In February of last year, the situation in the removal centre again exploded. The horrible conditions of detention were denounced by migrant detainees as some women decided to start a hunger strike demanding an end to indefinite and abusive imprisonment. In an attempt to end their protest, the management subjected many of the women to violent attacks and various forms of punishment. At that time six women detainees, accused of being ‘ring-leaders’, were moved into isolation and prisons.

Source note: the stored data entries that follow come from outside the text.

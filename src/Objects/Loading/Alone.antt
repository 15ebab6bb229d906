-- ===== src/Objects/Loading/Alone.antt =====
-- A component without a game object, saved by one manager and loaded by an empty one.
use packaged_task.Base.{
  ℕ, suc, ◌+◌, ◌^◌, ◌<◌, ◌≡◌, refl, List, [], ◌∷◌, find, assign, length, find-assign_self, none,
  some, arith,
}
use packaged_task.Base.Bytes.{le_bytes}
use packaged_task.MemoryStream.{OutputMemoryStream, InputMemoryStream, input}
use packaged_task.Rtti.{Registry}
use packaged_task.Objects.State.{Object, component, World, ok, raised, not_exist, ObjEntry, ◌>>=◌}
use packaged_task.Objects.Manager.{Factory}
use packaged_task.Objects.Write.{serialize}
use packaged_task.Objects.Stored.{component_of, IsU32, stored_bytes, stored_game_obj}
use packaged_task.Objects.Stored.Written.{IsCountable}
use packaged_task.Objects.RoundTrip.{records_in, records_bytes}
use packaged_task.Objects.Deserialize.{Loaded, deserialize_loop, deserialize, release_handles}
use packaged_task.Objects.Link.{remapped, link_component, link_body, link_entries}
use packaged_task.Objects.Loading.{IsStandard, load_records, load_world, loaded_object}
use packaged_task.Objects.Loading.Loop.{empty-IsRoomy}
use packaged_task.Objects.Loading.Transfer.{nothing_loaded, deserialize_loop-serialize}

-- Where 0 is no old identifier, the first entry is not linked if its object is such a component.
link_entries_stuck :
    (id_remap : List (ℕ × ℕ)) (id : ℕ) (e : ObjEntry) (es rest : List (ℕ × ObjEntry)) (o : Object)
    (w : World)
    → es ≡ (id, e) ∷ rest
    → find 0 id_remap ≡ none
    → find e.unique w.objects ≡ some o
    → o.body ≡ component 0
    → link_entries id_remap es w ≡ raised not_exist w
unfolding link_entries link_body link_component remapped
link_entries_stuck id_remap id e es rest o w shape unknown there null =
    rw (shape, there, ◌>>=◌, null, unknown) refl

deserialize_raised :
    (fuel : ℕ) (reg : Registry Factory) (s s' : InputMemoryStream) (l : Loaded) (w w' : World)
    (id : ℕ) (e : ObjEntry) (rest : List (ℕ × ObjEntry)) (o : Object)
    → deserialize_loop fuel reg s nothing_loaded w ≡ ok (s', l) w'
    → w'.entries ≡ (id, e) ∷ rest
    → find 0 l.id_remap ≡ none
    → find e.unique w'.objects ≡ some o
    → o.body ≡ component 0
    → deserialize fuel reg s [] w ≡ raised not_exist w'
unfolding deserialize release_handles
deserialize_raised fuel reg s s' l w w' id e rest o read entries unknown there null =
    rw
      (
        read,
        ◌>>=◌,
        link_entries_stuck l.id_remap id e w'.entries rest o w' entries unknown there null,
      )
      refl

zero_unknown : (inst n : ℕ) → 0 < inst → find 0 (assign inst n []) ≡ none
unfolding find assign
zero_unknown inst n positive = ground arith

short : (inst : ℕ) → length (records_bytes (component_of inst none ∷ [])) < 2 ^ 31
unfolding records_bytes stored_bytes le_bytes
short inst = omega arith

-- What an empty manager has after the record.
alone-entries :
    (inst : ℕ) (w : World)
    → w.entries ≡ []
    → (load_world (component_of inst none) w).entries
      ≡ (w.next_available_id, record { unique = w.next_address; handle = suc w.next_address }) ∷ []
unfolding assign
alone-entries inst w empty = rw empty refl

-- A component that has no game object cannot be loaded: what a manager that holds only such a
-- component serializes makes `deserialize` of an empty manager throw when it links. The component's
-- identifier is not 0 and fits 32 bits, both classes are registered, and a new identifier is left.
pub deserialize-serialize_alone :
    (fuel : ℕ) (reg : Registry Factory) (v w : World) (inst : ℕ)
    → ((a : ℕ) (o : Object) → find a v.objects ≡ some o → IsCountable o.body)
    → records_in v v.entries ≡ some (component_of inst none ∷ [])
    → IsU32 inst
    → 0 < inst
    → IsStandard reg
    → w.entries ≡ []
    → w.next_available_id + 1 < 2 ^ 32
    → 1 < fuel
    → (out : OutputMemoryStream) × (serialize v (record { buffer = [] }) ≡ some out)
      × (w' : World) × (deserialize fuel reg (input out.buffer) [] w ≡ raised not_exist w')
unfolding load_records find stored_game_obj
deserialize-serialize_alone fuel reg v w inst countable known fits positive std empty room enough =
    let (out, written, read) =
      deserialize_loop-serialize fuel reg v w (component_of inst none ∷ []) countable known
        (fits, tt) (short inst) std (empty-IsRoomy w empty) room enough in
    (
      out,
      written,
      load_world (component_of inst none) w,
      deserialize_raised fuel reg (input out.buffer) _ _ w _ w.next_available_id
          (record { unique = w.next_address; handle = suc w.next_address }) []
          (record (loaded_object (component_of inst none) w) { instance_id = w.next_available_id })
          read (alone-entries inst w empty) (zero_unknown inst w.next_available_id positive)
          (find-assign_self w.next_address _ _) refl,
    )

On the 25th January, after almost a year in Holloway prison, Denise McNeil, one of the `leaders’, was granted bail at an immigration court. Two women still remain in jail without charge: Aminata Camara and Sheree Wilson. Activists from the campaign to Free the Yarl’s Wood 3, including members of No One is Illegal, No Borders, Crossroads Women’s Centre, Communities of Resistance, Stop Deportation Network and members of the RMT, filled the court for Denise’s bail hearing. They provided an important support and will keep campaigning ‘for Sheree and Aminata and all the people in Yarl’s Wood until the centre will be closed’. (For updates, see Free the Yarl’s Wood 3 campaign Facebook page http://www.facebook.com/pages/Free-Denise-Now/174533002581566 and Twitter feed: @freedenisenow. Also see the NCADC site: http://www.ncadc.org.uk/campaigns/DeniseMcNeil.html).

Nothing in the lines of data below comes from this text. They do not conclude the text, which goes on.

-- ===== src/Objects/Loading/Endless.antt =====
-- A record of class `Object` in the stream: `Object::read` takes nothing, so the loop stays at it.
use packaged_task.Base.{
  ℕ, zero, suc, ◌+◌, ◌^◌, ◌<◌, ◌≡◌, refl, [], ◌∷◌, ◌++◌, assign, find-assign, find-assign_self,
  true, arith,
}
use packaged_task.MemoryStream.{InputMemoryStream, get_remaining_data_size, is_positive32}
use packaged_task.Rtti.{Registry, Rtti, Result, class_id_to_rtti}
use packaged_task.Objects.State.{class_object, plain, World, ok, running, ◌>>=◌}
use packaged_task.Objects.Manager.{Factory, created, create, create_instance}
use packaged_task.Objects.Manager.Registered.{registered, register_obj_lem}
use packaged_task.Objects.Manager.Creation.{made}
use packaged_task.Objects.Parse.{read_members}
use packaged_task.Objects.Deserialize.{
  Loaded, peek_type_id, store_members, read_into, deserialize_one, deserialize_loop,
}
use packaged_task.Objects.Loading.Loop.{IsRoomy}

-- The memory after a round at such a record.
abbrev after_plain : World → World
after_plain w = registered w.next_address (created plain) (made plain w)

module _ (reg : Registry Factory) (rtti : Rtti Factory)
    (known : class_id_to_rtti reg class_object ≡ Result.ok rtti)
    (plain_factory : rtti.factory ≡ plain) (s : InputMemoryStream)
    (at_object : (w : World) → peek_type_id s w ≡ ok class_object w)
    (more : is_positive32 (get_remaining_data_size s) ≡ true) where
  plain_round :
      (l : Loaded) (w : World)
      → IsRoomy w
      → w.next_available_id + 1 < 2 ^ 32
      → (l' : Loaded) × (deserialize_one reg s l w ≡ ok (s, l') (after_plain w))
  unfolding deserialize_one create create_instance read_members read_into store_members
  plain_round l w roomy room = (
    record {
      id_remap = assign 0 w.next_available_id l.id_remap;
      objects = l.objects ++ (suc w.next_address ∷ []);
    },
    rw (
      deserialize_one,
      at_object w,
      ◌>>=◌,
      known,
      create,
      create_instance,
      plain_factory,
      find-assign_self w.next_address (created plain) w.objects,
      read_members,
      read_into,
      store_members,
      find-assign_self w.next_address (created plain) w.objects,
      register_obj_lem w.next_address (created plain) (made plain w)
          (find-assign_self w.next_address (created plain) w.objects)
          (roomy w.next_available_id (omega arith)) room,
      find-assign_self (suc w.next_address) _ w.handles,
      find-assign_self w.next_address _ (made plain w).objects,
    ),
  )

  after_plain-IsRoomy : (w : World) → IsRoomy w → IsRoomy (after_plain w)
  after_plain-IsRoomy w roomy id late = ground (
    arith,
    roomy id,
    find-assign w.next_available_id id
        (record { unique = w.next_address; handle = suc w.next_address }) w.entries,
  )

  -- Where the next record of a stream is of class `Object`, and that class is registered with its
  -- factory, the loop of `deserialize` is still running after any number of rounds for which there
  -- are identifiers.
  pub deserialize_loop-running :
      (fuel : ℕ) (l : Loaded) (w : World)
      → IsRoomy w
      → w.next_available_id + fuel < 2 ^ 32
      → deserialize_loop fuel reg s l w ≡ running
  unfolding deserialize_loop
  deserialize_loop-running zero l w roomy room = refl
  deserialize_loop-running (suc fuel) l w roomy room =
      let (l', round) = plain_round l w roomy (omega arith) in
      rw (more, deserialize_loop, ◌>>=◌, round)
        (deserialize_loop-running fuel l' (after_plain w) (after_plain-IsRoomy w roomy)
          (omega arith))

The reasons for the detention of people in centers like Yarl’s Wood are multiple, and sometimes quite different. One of the activists involved in the campaign to support the hunger strikers explained to me that many of the women who end up in detention have already served a prison sentence, often for a minor offence, such as using fake documents to travel or work. Rather than being released, these women are transferred back to detention as a ‘second punishment’ where they wait for their immigration case to be cleared and eventually granted status or deported. They are trapped in an indefinite space of juridical and existential limbo, from one prison to the other, on the grounds that their migration case is still ‘pending’: they cannot be returned to their country of origin (on complex juridical or humanitarian grounds), and yet their status as asylum seekers is not recognized either.

Denise has just been released on bail, and her status, as well as her future stay in the UK, remains uncertain. However, her case shows how important the external support of migrants’ rights activists to sustain legal individual cases can be by helping access legal advice and to build publicity around their otherwise invisible stories.  While it may appear only a small achievement, these forms of solidarity provide the migrant women with encouragement and help instill confidence as they engage in the hard battles for freedom of movement and the right to stay in a country where they have worked and toiled for many years. In many cases the women are ‘caught’ by the UK Border Agency after many years of residence in the country, where they have probably built a family, found work and made a home. This is a typical story for the women detained in Yarl’s Wood.